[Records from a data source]
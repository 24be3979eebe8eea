-- ===== src/Prelude/Dict.antt =====
-- Go's `map[K]V` as an association list: a write replaces the entry of its key in place or appends
-- one, `delete` drops the key, and a read of a missing key is `none` (the zero value stands at the
-- reader).
use goppstats.Prelude.Tests.{Eq, ◌==◌, if◌then◌else◌, Bool-cases}
use mathlib.Core.Logic.{inl, inr}
use Prim.Native.Nat.{ℕ, ◌+◌, ◌<◌}
use mathlib.Core.Path.{◌≡◌, refl}
use mathlib.Core.Bool.{Bool, true, false}
use mathlib.Core.Option.{Option, none, some}
use mathlib.Core.List.{List, [], ◌∷◌}
use native.Mathlib.Omega.{arith}

abbrev pub Dict : Type 0 → Type 0 → Type 0
Dict K V = List (K × V)

-- One for a key that a test accepts, nothing for any other or for a missing one.
abbrev pub weight : {V : Type 0} → (V → Bool) → Option V → ℕ
weight p none = 0
weight p (some v) = if p v then 1 else 0

module _ {K V : Type 0} ⦃e : Eq K⦄ where
  unfoldable pub lookup : K → Dict K V → Option V
  lookup k [] = none
  lookup k ((j, new) ∷ dict) = if j == k then some new else lookup k dict

  -- `_, ok := m[k]`
  abbrev pub has : K → Dict K V → Bool
  has k dict = elim (lookup k dict) [ none ↦ false | some _ ↦ true ]

  unfoldable pub insert : K → V → Dict K V → Dict K V
  insert k new [] = (k, new) ∷ []
  insert k new ((j, old) ∷ dict) = if j == k then (k, new) ∷ dict else (j, old) ∷ insert k new dict

  unfoldable pub remove : K → Dict K V → Dict K V
  remove k [] = []
  remove k ((j, old) ∷ dict) = let rest = remove k dict in if j == k then rest else (j, old) ∷ rest

  -- No key has two entries, as in every Go map.
  abbrev pub UniqueKeys : Dict K V → Type 0
  UniqueKeys [] = Unit
  UniqueKeys ((k, new) ∷ dict) = (lookup k dict ≡ none) × UniqueKeys dict

  -- How many entries have a value that the test accepts.
  unfoldable pub count_by : (V → Bool) → Dict K V → ℕ
  count_by p [] = 0
  count_by p ((k, new) ∷ dict) = weight p (some new) + count_by p dict

  pub lookup-insert :
      (k j : K) (new : V) (dict : Dict K V)
      → lookup j (insert k new dict) ≡ (if k == j then some new else lookup j dict)
  unfolding lookup insert
  lookup-insert k j new [] = refl
  lookup-insert k j new ((i, old) ∷ dict) =
      ground (arith, e.beq_iff k j, e.beq_iff i k, e.beq_iff i j, lookup-insert k j new dict)

  pub lookup-remove :
      (k j : K) (dict : Dict K V)
      → lookup j (remove k dict) ≡ (if k == j then none else lookup j dict)
  unfolding lookup remove
  lookup-remove k j [] = ground arith
  lookup-remove k j ((i, old) ∷ dict) =
      ground (arith, e.beq_iff k j, e.beq_iff i k, e.beq_iff i j, lookup-remove k j dict)

  pub insert-UniqueKeys :
      (k : K) (new : V) (dict : Dict K V) → UniqueKeys dict → UniqueKeys (insert k new dict)
  unfolding insert lookup
  insert-UniqueKeys k new [] u = (refl, tt)
  insert-UniqueKeys k new ((i, old) ∷ dict) u = ground (
    arith,
    e.beq_iff i k,
    e.beq_iff k i,
    lookup-insert k i new dict,
    insert-UniqueKeys k new dict u.1,
  )

  pub remove-UniqueKeys : (k : K) (dict : Dict K V) → UniqueKeys dict → UniqueKeys (remove k dict)
  unfolding remove lookup
  remove-UniqueKeys k [] u = tt
  remove-UniqueKeys k ((i, old) ∷ dict) u =
      ground (arith, lookup-remove k i dict, remove-UniqueKeys k dict u.1)

  pub count_by-insert :
      (p : V → Bool) (k : K) (new : V) (dict : Dict K V)
      → count_by p (insert k new dict) + weight p (lookup k dict)
        ≡ count_by p dict + weight p (some new)
  unfolding count_by insert lookup
  count_by-insert p k new [] = omega arith
  count_by-insert p k new ((i, old) ∷ dict) = ground (arith, count_by-insert p k new dict)

  count_by-remove-none :
      (p : V → Bool) (k : K) (dict : Dict K V) → lookup k dict ≡ none → remove k dict ≡ dict
  unfolding count_by remove lookup
  count_by-remove-none p k [] h = refl
  count_by-remove-none p k ((i, old) ∷ dict) h = ground (arith, count_by-remove-none p k dict)

  pub count_by-remove :
      (p : V → Bool) (k : K) (dict : Dict K V)
      → UniqueKeys dict
      → count_by p (remove k dict) + weight p (lookup k dict) ≡ count_by p dict
  unfolding count_by remove lookup
  count_by-remove p k [] u = omega arith
  count_by-remove p k ((i, old) ∷ dict) u =
      ground (arith, e.beq_iff i k, count_by-remove-none p k dict, count_by-remove p k dict u.1)

  -- A positive count has an entry that it counts.
  pub count_by-find :
      (p : V → Bool) (dict : Dict K V)
      → UniqueKeys dict
      → 0 < count_by p dict
      → (k : K) × (new : V) × (lookup k dict ≡ some new) × (p new ≡ true)
  unfolding count_by lookup
  count_by-find p [] u h = absurd (omega arith)
  count_by-find p ((i, old) ∷ dict) u h = elim (Bool-cases (p old)) [
    | inl t ↦ (i, old, ground (arith, e.beq_iff i i), t)
    | inr f ↦
        let (k, new, found, t) = count_by-find p dict u.1 (ground (arith, f)) in
        (k, new, ground (arith, found, e.beq_iff i k, u.0), t)
  ]

  pub count_by-pos :
      (p : V → Bool) (k : K) (dict : Dict K V) {new : V}
      → lookup k dict ≡ some new
      → p new ≡ true
      → 0 < count_by p dict
  unfolding count_by lookup
  count_by-pos p k [] h t = cc
  count_by-pos p k ((i, old) ∷ dict) {new} h t = ground (arith, count_by-pos p k dict {new = new})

> ACTIVITY: Determine how many lines in the records contain "that", and reply with the number only.

> FINISHED EXERCISE: 3